- TASK ITEM
Where does the string "failed" occur in the records? Copy each line that holds it.

--- START ---

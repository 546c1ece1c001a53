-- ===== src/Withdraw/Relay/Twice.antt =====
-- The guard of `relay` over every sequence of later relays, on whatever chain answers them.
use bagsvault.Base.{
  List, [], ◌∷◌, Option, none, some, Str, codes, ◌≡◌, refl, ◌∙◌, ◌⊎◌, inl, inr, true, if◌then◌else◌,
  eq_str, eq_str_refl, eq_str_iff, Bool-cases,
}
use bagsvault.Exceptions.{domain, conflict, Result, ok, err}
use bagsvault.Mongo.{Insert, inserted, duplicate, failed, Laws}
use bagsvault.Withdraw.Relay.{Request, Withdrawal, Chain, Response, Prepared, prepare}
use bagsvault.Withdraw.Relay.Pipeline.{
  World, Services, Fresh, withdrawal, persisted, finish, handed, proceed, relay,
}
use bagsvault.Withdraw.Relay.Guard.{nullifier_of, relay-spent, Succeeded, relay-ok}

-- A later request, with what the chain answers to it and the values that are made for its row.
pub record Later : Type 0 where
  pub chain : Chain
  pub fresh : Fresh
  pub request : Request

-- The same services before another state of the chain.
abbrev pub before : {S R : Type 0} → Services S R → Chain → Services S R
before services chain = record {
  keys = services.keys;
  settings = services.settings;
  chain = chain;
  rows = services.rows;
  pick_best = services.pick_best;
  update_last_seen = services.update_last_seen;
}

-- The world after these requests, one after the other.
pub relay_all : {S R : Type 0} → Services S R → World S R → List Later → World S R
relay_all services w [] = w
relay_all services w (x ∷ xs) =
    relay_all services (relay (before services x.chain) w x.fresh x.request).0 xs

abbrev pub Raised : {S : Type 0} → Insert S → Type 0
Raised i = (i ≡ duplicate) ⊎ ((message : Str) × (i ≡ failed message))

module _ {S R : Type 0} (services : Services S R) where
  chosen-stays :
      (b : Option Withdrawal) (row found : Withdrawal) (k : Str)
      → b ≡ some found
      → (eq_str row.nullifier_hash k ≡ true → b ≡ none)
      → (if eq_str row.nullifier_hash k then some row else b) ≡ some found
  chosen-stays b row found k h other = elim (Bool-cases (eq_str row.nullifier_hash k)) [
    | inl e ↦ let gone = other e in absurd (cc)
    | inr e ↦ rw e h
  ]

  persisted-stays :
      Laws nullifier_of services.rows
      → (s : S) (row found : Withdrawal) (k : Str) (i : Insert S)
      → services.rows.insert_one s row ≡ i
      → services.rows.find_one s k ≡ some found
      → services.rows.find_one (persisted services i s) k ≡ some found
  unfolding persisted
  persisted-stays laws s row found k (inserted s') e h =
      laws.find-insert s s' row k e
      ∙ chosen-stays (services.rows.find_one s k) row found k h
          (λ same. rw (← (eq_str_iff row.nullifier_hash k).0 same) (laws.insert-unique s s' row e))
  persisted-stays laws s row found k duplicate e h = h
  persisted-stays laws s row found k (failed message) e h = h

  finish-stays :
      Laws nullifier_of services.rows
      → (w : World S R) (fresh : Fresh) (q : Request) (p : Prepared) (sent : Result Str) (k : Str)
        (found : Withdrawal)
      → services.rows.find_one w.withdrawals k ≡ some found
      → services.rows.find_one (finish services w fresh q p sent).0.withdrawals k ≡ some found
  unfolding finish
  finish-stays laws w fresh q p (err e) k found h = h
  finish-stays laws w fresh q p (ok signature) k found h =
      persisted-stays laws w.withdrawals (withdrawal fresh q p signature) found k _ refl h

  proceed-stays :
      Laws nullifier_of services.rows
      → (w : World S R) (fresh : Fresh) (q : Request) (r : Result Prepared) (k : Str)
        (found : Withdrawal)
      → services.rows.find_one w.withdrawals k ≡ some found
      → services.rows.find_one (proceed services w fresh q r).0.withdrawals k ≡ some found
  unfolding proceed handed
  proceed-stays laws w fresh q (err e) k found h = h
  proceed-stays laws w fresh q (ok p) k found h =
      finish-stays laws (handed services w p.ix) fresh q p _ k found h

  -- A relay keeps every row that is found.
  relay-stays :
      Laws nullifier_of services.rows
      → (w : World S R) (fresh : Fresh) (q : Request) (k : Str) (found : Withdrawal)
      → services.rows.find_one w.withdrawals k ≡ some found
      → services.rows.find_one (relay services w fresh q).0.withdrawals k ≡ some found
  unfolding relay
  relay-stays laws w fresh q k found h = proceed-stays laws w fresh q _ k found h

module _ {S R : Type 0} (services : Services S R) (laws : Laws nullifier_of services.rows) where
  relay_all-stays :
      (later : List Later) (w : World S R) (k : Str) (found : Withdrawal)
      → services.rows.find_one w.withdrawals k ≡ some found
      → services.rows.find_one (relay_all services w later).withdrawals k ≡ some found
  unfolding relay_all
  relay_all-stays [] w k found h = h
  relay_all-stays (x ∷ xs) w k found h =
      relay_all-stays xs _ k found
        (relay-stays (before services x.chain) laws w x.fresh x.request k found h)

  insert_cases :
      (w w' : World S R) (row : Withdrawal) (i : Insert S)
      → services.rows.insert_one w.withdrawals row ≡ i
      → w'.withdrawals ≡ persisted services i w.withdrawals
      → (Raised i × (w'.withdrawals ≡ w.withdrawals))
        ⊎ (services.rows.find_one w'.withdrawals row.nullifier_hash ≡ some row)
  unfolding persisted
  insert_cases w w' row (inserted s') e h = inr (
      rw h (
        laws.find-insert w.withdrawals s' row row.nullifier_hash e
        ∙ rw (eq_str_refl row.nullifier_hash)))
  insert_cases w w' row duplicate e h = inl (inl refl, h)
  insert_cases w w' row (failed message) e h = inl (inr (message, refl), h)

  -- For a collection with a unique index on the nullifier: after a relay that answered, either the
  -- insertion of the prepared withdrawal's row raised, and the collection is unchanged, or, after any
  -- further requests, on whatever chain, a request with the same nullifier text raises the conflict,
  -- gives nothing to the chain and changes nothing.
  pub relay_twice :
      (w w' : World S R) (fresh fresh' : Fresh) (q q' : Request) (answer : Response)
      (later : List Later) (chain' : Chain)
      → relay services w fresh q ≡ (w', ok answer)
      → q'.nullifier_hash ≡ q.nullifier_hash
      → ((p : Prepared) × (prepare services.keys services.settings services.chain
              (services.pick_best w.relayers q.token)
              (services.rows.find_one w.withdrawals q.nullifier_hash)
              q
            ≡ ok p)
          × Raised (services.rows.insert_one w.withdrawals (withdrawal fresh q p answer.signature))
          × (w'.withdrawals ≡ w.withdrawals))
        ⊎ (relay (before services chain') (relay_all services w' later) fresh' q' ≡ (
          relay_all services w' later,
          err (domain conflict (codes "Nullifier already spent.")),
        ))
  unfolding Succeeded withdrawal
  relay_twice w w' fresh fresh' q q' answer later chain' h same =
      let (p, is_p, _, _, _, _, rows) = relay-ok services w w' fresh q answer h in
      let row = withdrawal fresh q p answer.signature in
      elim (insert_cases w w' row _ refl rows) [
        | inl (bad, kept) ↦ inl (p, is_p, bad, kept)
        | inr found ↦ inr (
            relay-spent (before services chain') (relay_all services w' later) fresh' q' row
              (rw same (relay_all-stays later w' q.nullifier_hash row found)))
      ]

--- END ---

- EXERCISE OUTPUT
use bagsvault.Mongo.{Insert, inserted, duplicate, failed, Laws}
Raised i = (i ≡ duplicate) ⊎ ((message : Str) × (i ≡ failed message))
  persisted-stays laws s row found k (failed message) e h = h
  insert_cases w w' row (failed message) e h = inl (inr (message, refl), h)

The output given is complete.